▶ _Directions_
Pull every line with "antt" from the entries below.

(Stored records)
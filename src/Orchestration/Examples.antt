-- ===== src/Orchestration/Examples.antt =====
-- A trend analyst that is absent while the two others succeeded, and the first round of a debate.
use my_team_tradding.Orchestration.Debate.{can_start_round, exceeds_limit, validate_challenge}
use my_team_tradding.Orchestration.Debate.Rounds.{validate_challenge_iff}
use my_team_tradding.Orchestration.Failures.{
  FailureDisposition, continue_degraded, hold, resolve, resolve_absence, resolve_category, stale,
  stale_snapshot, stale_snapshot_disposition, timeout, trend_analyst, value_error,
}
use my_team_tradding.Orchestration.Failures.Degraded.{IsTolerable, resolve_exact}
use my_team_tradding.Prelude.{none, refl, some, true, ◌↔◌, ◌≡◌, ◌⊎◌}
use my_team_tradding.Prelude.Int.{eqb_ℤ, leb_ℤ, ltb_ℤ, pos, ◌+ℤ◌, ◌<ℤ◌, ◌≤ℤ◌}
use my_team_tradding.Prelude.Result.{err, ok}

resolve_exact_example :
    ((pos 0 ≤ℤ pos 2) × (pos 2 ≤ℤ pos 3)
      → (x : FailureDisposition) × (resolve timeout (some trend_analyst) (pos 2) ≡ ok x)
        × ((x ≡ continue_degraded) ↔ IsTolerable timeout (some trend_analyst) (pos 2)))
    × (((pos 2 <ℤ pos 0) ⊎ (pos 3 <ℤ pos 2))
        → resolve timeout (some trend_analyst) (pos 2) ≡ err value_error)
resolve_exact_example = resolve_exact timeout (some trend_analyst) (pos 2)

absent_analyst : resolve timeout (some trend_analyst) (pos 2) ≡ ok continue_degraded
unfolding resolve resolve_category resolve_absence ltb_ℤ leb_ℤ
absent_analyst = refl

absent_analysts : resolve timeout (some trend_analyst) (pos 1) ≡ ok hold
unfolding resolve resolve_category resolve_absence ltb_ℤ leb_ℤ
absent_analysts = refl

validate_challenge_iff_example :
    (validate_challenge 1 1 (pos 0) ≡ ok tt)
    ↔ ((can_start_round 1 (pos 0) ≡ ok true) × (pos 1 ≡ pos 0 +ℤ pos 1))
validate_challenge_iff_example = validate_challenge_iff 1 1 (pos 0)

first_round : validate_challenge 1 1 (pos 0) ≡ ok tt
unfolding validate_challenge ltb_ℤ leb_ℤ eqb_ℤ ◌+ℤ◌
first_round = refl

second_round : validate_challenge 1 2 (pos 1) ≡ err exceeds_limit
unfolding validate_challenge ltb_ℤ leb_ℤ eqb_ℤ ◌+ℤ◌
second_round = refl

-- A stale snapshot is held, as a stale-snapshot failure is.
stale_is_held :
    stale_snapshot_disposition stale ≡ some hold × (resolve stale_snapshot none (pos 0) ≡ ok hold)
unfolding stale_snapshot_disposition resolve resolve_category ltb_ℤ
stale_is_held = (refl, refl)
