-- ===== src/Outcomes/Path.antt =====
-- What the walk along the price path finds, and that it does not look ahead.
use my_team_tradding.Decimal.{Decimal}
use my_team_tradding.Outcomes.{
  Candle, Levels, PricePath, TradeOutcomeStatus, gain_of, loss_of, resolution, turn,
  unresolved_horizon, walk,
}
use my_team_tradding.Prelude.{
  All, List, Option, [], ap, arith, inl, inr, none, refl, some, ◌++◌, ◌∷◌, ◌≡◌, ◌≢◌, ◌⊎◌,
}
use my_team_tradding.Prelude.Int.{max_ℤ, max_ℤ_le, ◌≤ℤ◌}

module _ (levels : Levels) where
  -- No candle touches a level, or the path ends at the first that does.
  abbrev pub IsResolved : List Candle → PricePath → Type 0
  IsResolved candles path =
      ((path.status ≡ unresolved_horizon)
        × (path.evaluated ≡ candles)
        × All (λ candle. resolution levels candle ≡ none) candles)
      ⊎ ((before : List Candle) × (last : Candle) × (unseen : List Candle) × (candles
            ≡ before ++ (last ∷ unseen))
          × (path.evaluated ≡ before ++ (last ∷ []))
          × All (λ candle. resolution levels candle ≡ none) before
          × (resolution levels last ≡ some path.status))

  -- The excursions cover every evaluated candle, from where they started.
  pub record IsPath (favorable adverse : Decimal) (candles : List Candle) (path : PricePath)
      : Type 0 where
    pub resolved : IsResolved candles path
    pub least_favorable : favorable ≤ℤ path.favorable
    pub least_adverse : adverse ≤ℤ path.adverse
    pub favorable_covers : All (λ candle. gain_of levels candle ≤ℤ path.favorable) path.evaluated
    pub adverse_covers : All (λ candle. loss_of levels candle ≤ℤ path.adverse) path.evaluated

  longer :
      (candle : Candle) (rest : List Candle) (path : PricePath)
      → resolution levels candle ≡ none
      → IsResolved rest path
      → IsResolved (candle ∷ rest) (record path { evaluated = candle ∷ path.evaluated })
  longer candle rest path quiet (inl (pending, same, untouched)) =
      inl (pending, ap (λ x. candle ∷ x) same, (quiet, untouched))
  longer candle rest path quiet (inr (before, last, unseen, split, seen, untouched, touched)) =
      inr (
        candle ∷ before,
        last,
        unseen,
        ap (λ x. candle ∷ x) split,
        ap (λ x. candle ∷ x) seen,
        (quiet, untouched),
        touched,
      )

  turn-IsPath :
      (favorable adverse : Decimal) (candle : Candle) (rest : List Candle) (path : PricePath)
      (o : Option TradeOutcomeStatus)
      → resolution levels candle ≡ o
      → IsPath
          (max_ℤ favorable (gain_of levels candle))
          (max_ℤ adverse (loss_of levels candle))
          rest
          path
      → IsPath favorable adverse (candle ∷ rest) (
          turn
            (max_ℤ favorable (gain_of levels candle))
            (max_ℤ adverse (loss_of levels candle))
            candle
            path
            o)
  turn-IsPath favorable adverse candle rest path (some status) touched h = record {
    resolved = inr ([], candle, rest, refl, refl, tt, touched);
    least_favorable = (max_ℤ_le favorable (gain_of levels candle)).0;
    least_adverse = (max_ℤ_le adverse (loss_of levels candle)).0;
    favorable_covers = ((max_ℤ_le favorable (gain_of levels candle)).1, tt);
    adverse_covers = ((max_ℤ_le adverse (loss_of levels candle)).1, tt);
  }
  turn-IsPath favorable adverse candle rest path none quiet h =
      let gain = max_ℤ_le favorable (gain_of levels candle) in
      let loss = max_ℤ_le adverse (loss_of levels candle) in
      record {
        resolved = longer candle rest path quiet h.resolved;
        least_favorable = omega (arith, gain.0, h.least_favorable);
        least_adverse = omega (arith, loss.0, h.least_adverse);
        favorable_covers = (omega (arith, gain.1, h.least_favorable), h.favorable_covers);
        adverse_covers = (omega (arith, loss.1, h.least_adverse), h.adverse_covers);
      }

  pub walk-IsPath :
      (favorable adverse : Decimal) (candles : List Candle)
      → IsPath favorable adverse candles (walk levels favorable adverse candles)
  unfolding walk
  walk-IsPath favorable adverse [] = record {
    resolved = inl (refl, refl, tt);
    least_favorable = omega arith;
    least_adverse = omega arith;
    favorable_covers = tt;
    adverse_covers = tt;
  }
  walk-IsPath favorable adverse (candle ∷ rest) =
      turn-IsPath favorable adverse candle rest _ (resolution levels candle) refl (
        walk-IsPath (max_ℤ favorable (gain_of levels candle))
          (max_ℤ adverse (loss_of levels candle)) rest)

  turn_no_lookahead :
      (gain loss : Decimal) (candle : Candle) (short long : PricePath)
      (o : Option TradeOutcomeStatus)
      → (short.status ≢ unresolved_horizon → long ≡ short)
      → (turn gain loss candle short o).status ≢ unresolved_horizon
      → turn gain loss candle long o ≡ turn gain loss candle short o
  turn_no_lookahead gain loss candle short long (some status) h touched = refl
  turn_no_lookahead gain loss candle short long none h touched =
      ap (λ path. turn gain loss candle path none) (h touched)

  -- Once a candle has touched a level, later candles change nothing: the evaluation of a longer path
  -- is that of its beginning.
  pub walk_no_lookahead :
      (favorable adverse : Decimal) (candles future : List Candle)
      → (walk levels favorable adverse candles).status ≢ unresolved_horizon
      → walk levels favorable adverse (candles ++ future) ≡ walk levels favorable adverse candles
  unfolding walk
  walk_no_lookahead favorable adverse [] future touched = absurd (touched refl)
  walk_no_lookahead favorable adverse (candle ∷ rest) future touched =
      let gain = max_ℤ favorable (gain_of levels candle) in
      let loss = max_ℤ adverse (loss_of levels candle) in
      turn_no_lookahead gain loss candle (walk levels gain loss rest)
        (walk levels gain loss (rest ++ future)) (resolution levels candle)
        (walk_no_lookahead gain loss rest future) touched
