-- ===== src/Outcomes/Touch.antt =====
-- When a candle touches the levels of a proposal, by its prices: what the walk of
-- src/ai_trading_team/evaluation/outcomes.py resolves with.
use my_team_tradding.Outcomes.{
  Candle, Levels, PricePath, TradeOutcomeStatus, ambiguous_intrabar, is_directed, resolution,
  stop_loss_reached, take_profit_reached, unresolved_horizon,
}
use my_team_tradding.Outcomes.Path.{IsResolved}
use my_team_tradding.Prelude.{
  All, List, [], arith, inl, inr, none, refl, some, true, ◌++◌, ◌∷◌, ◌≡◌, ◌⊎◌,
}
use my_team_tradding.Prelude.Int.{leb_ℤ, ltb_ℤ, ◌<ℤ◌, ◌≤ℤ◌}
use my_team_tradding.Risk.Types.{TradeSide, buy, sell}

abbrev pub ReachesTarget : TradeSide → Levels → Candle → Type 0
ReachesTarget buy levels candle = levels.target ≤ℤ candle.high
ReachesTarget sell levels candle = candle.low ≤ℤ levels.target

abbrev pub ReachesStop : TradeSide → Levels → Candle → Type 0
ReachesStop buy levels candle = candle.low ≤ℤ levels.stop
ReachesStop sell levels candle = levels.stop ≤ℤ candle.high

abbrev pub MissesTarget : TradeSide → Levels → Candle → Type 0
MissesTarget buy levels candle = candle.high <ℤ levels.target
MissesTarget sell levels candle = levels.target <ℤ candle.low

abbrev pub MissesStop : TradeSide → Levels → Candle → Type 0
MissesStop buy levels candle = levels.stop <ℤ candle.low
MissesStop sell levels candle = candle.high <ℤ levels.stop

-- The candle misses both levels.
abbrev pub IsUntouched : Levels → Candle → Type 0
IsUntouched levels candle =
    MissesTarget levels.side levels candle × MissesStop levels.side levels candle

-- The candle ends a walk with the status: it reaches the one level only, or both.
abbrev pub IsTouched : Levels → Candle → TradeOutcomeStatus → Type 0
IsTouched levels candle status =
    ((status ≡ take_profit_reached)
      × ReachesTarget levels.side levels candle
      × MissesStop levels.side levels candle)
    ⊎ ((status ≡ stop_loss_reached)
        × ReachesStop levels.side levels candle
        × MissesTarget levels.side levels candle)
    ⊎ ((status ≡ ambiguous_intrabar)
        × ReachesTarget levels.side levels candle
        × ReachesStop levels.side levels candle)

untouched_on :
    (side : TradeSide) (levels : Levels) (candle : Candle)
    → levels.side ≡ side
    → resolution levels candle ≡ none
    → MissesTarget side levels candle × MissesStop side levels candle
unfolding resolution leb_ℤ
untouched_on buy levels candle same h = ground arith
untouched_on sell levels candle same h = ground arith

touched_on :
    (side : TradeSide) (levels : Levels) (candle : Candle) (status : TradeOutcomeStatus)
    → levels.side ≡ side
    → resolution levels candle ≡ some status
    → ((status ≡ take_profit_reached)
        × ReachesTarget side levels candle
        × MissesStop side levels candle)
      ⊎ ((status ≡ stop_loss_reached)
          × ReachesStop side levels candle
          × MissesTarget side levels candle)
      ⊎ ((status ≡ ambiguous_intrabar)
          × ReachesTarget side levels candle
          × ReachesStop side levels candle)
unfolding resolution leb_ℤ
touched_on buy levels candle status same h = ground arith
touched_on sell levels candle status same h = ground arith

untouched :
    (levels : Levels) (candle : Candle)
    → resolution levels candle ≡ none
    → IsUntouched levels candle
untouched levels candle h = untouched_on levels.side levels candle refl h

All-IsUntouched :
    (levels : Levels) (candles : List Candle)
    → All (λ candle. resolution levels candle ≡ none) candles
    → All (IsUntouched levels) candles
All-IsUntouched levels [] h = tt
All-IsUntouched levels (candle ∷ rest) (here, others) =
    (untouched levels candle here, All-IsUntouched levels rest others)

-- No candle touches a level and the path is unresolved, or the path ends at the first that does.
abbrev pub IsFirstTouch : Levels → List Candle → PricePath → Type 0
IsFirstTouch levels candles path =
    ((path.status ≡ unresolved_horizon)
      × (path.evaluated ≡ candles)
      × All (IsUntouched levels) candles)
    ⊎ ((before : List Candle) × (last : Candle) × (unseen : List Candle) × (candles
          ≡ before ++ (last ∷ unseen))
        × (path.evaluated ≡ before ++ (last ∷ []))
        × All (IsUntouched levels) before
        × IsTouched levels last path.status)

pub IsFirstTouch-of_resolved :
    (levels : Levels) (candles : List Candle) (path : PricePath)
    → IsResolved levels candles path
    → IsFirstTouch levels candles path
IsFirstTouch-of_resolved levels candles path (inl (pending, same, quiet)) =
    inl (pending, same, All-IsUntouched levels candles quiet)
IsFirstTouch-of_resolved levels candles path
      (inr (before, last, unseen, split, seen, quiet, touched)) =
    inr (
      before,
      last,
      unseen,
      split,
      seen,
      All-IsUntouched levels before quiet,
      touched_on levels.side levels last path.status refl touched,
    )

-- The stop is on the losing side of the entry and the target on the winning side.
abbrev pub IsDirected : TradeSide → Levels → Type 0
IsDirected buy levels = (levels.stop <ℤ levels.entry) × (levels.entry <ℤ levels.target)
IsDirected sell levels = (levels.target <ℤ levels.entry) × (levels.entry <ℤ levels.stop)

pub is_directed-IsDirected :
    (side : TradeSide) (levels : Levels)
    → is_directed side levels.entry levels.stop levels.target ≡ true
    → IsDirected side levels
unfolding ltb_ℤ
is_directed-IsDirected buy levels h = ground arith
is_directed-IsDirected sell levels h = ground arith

▶ _Answer to this problem_
filename src/Orchestration/Examples.antt
-- ===== src/Orchestration/Examples.antt =====
-- ===== src/Outcomes/Path.antt =====
-- ===== src/Outcomes/Touch.antt =====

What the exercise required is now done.